[Data entries]
Segment Open

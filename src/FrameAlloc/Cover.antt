-- ===== src/FrameAlloc/Cover.antt =====
-- How often the free lists of a zone cover an address.
use heaven_os.Prelude.{
  ℕ, zero, suc, ◌+◌, ◌≤◌, ◌<◌, ◌≡◌, refl, arith, ltb, if◌then◌else◌, update, count, erase, List, [],
  ◌∷◌, dec_lt,
}
use heaven_os.FrameAlloc.{max_order}
use heaven_os.FrameAlloc.Geometry.{size, size-pos}

-- 1 at the addresses of a block, 0 elsewhere.
abbrev pub within : ℕ → ℕ → ℕ → ℕ
within b s a = if ltb a b then 0 else if ltb a (b + s) then 1 else 0

-- The number of blocks of size `s` in a list that hold an address.
unfoldable pub hits : ℕ → List ℕ → ℕ → ℕ
hits s [] a = 0
hits s (b ∷ bs) a = within b s a + hits s bs a

hits-cons : (s b : ℕ) (bs : List ℕ) (a : ℕ) → hits s (b ∷ bs) a ≡ within b s a + hits s bs a
unfolding hits
hits-cons s b bs a = refl

-- The number of free blocks of the orders below `n` that hold an address.
unfoldable pub cover_below : ℕ → (ℕ → List ℕ) → ℕ → ℕ
cover_below zero free a = 0
cover_below (suc n) free a = cover_below n free a + hits (size n) (free n) a

-- The number of free blocks that hold an address.
unfoldable pub cover : (ℕ → List ℕ) → ℕ → ℕ
cover free a = cover_below (suc max_order) free a

hits-erase :
    (s b : ℕ) (bs : List ℕ) (a : ℕ)
    → 0 < count b bs
    → hits s (erase b bs) a + within b s a ≡ hits s bs a
unfolding hits
hits-erase s b [] a h = absurd (omega arith)
hits-erase s b (c ∷ bs) a h = ground (arith, hits-erase s b bs a)

-- A free block covers its own first address.
count-le-hits : (s b : ℕ) (bs : List ℕ) → 0 < s → count b bs ≤ hits s bs b
unfolding hits
count-le-hits s b [] h = omega arith
count-le-hits s b (c ∷ bs) h = ground (arith, count-le-hits s b bs h)

cover_below-update_of_le :
    (n k : ℕ) (free : ℕ → List ℕ) (bs : List ℕ) (a : ℕ)
    → n ≤ k
    → cover_below n (update free k bs) a ≡ cover_below n free a
unfolding cover_below
cover_below-update_of_le zero k free bs a h = refl
cover_below-update_of_le (suc n) k free bs a h =
    ground (arith, cover_below-update_of_le n k free bs a)

cover_below-update :
    (n k : ℕ) (free : ℕ → List ℕ) (bs : List ℕ) (a : ℕ)
    → k < n
    → cover_below n (update free k bs) a + hits (size k) (free k) a
      ≡ cover_below n free a + hits (size k) bs a
unfolding cover_below
cover_below-update zero k free bs a h = absurd (omega arith)
cover_below-update (suc n) k free bs a h = elim (dec_lt k n) [
  | yes p ↦ ground (arith, cover_below-update n k free bs a p)
  | no p ↦ ground (arith, cover_below-update_of_le n k free bs a)
]

hits-le-cover_below :
    (n k : ℕ) (free : ℕ → List ℕ) (a : ℕ) → k < n → hits (size k) (free k) a ≤ cover_below n free a
unfolding cover_below
hits-le-cover_below zero k free a h = absurd (omega arith)
hits-le-cover_below (suc n) k free a h = elim (dec_lt k n) [
  | yes p ↦ omega (arith, hits-le-cover_below n k free a p)
  | no p ↦ let e : k ≡ n = omega arith in rw e (omega arith)
]

module _ (free : ℕ → List ℕ) (k : ℕ) (low : k ≤ max_order) where
  -- Linking a block in covers its addresses once more.
  pub cover-push :
      (b a : ℕ) → cover (update free k (b ∷ free k)) a ≡ cover free a + within b (size k) a
  unfolding cover
  cover-push b a = omega (
    arith,
    cover_below-update (suc max_order) k free (b ∷ free k) a (omega arith),
    hits-cons (size k) b (free k) a,
  )

  -- Unlinking a block uncovers its addresses once.
  pub cover-extract :
      (b a : ℕ)
      → 0 < count b (free k)
      → cover (update free k (erase b (free k))) a + within b (size k) a ≡ cover free a
  unfolding cover
  cover-extract b a h = omega (
    arith,
    cover_below-update (suc max_order) k free (erase b (free k)) a (omega arith),
    hits-erase (size k) b (free k) a h,
  )

  pub count-le-cover : (b : ℕ) → count b (free k) ≤ cover free b
  unfolding cover
  count-le-cover b = omega (
    arith,
    count-le-hits (size k) b (free k) (size-pos k),
    hits-le-cover_below (suc max_order) k free b (omega arith),
  )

Segment Closed

#### How to complete this task:
Output the data once more, exactly as given.

#### The answer:
filename src/FrameAlloc/Cover.antt
-- ===== src/FrameAlloc/Cover.antt =====
-- How often the free lists of a zone cover an address.
use heaven_os.Prelude.{
  ℕ, zero, suc, ◌+◌, ◌≤◌, ◌<◌, ◌≡◌, refl, arith, ltb, if◌then◌else◌, update, count, erase, List, [],
  ◌∷◌, dec_lt,
}
use heaven_os.FrameAlloc.{max_order}
use heaven_os.FrameAlloc.Geometry.{size, size-pos}

-- 1 at the addresses of a block, 0 elsewhere.
abbrev pub within : ℕ → ℕ → ℕ → ℕ
within b s a = if ltb a b then 0 else if ltb a (b + s) then 1 else 0

-- The number of blocks of size `s` in a list that hold an address.
unfoldable pub hits : ℕ → List ℕ → ℕ → ℕ
hits s [] a = 0
hits s (b ∷ bs) a = within b s a + hits s bs a

hits-cons : (s b : ℕ) (bs : List ℕ) (a : ℕ) → hits s (b ∷ bs) a ≡ within b s a + hits s bs a
unfolding hits
hits-cons s b bs a = refl

-- The number of free blocks of the orders below `n` that hold an address.
unfoldable pub cover_below : ℕ → (ℕ → List ℕ) → ℕ → ℕ
cover_below zero free a = 0
cover_below (suc n) free a = cover_below n free a + hits (size n) (free n) a

-- The number of free blocks that hold an address.
unfoldable pub cover : (ℕ → List ℕ) → ℕ → ℕ
cover free a = cover_below (suc max_order) free a

hits-erase :
    (s b : ℕ) (bs : List ℕ) (a : ℕ)
    → 0 < count b bs
    → hits s (erase b bs) a + within b s a ≡ hits s bs a
unfolding hits
hits-erase s b [] a h = absurd (omega arith)
hits-erase s b (c ∷ bs) a h = ground (arith, hits-erase s b bs a)

-- A free block covers its own first address.
count-le-hits : (s b : ℕ) (bs : List ℕ) → 0 < s → count b bs ≤ hits s bs b
unfolding hits
count-le-hits s b [] h = omega arith
count-le-hits s b (c ∷ bs) h = ground (arith, count-le-hits s b bs h)

cover_below-update_of_le :
    (n k : ℕ) (free : ℕ → List ℕ) (bs : List ℕ) (a : ℕ)
    → n ≤ k
    → cover_below n (update free k bs) a ≡ cover_below n free a
unfolding cover_below
cover_below-update_of_le zero k free bs a h = refl
cover_below-update_of_le (suc n) k free bs a h =
    ground (arith, cover_below-update_of_le n k free bs a)

cover_below-update :
    (n k : ℕ) (free : ℕ → List ℕ) (bs : List ℕ) (a : ℕ)
    → k < n
    → cover_below n (update free k bs) a + hits (size k) (free k) a
      ≡ cover_below n free a + hits (size k) bs a
unfolding cover_below
cover_below-update zero k free bs a h = absurd (omega arith)
cover_below-update (suc n) k free bs a h = elim (dec_lt k n) [
  | yes p ↦ ground (arith, cover_below-update n k free bs a p)
  | no p ↦ ground (arith, cover_below-update_of_le n k free bs a)
]

hits-le-cover_below :
    (n k : ℕ) (free : ℕ → List ℕ) (a : ℕ) → k < n → hits (size k) (free k) a ≤ cover_below n free a
unfolding cover_below
hits-le-cover_below zero k free a h = absurd (omega arith)
hits-le-cover_below (suc n) k free a h = elim (dec_lt k n) [
  | yes p ↦ omega (arith, hits-le-cover_below n k free a p)
  | no p ↦ let e : k ≡ n = omega arith in rw e (omega arith)
]

module _ (free : ℕ → List ℕ) (k : ℕ) (low : k ≤ max_order) where
  -- Linking a block in covers its addresses once more.
  pub cover-push :
      (b a : ℕ) → cover (update free k (b ∷ free k)) a ≡ cover free a + within b (size k) a
  unfolding cover
  cover-push b a = omega (
    arith,
    cover_below-update (suc max_order) k free (b ∷ free k) a (omega arith),
    hits-cons (size k) b (free k) a,
  )

  -- Unlinking a block uncovers its addresses once.
  pub cover-extract :
      (b a : ℕ)
      → 0 < count b (free k)
      → cover (update free k (erase b (free k))) a + within b (size k) a ≡ cover free a
  unfolding cover
  cover-extract b a h = omega (
    arith,
    cover_below-update (suc max_order) k free (erase b (free k)) a (omega arith),
    hits-erase (size k) b (free k) a h,
  )

  pub count-le-cover : (b : ℕ) → count b (free k) ≤ cover free b
  unfolding cover
  count-le-cover b = omega (
    arith,
    count-le-hits (size k) b (free k) (size-pos k),
    hits-le-cover_below (suc max_order) k free b (omega arith),
  )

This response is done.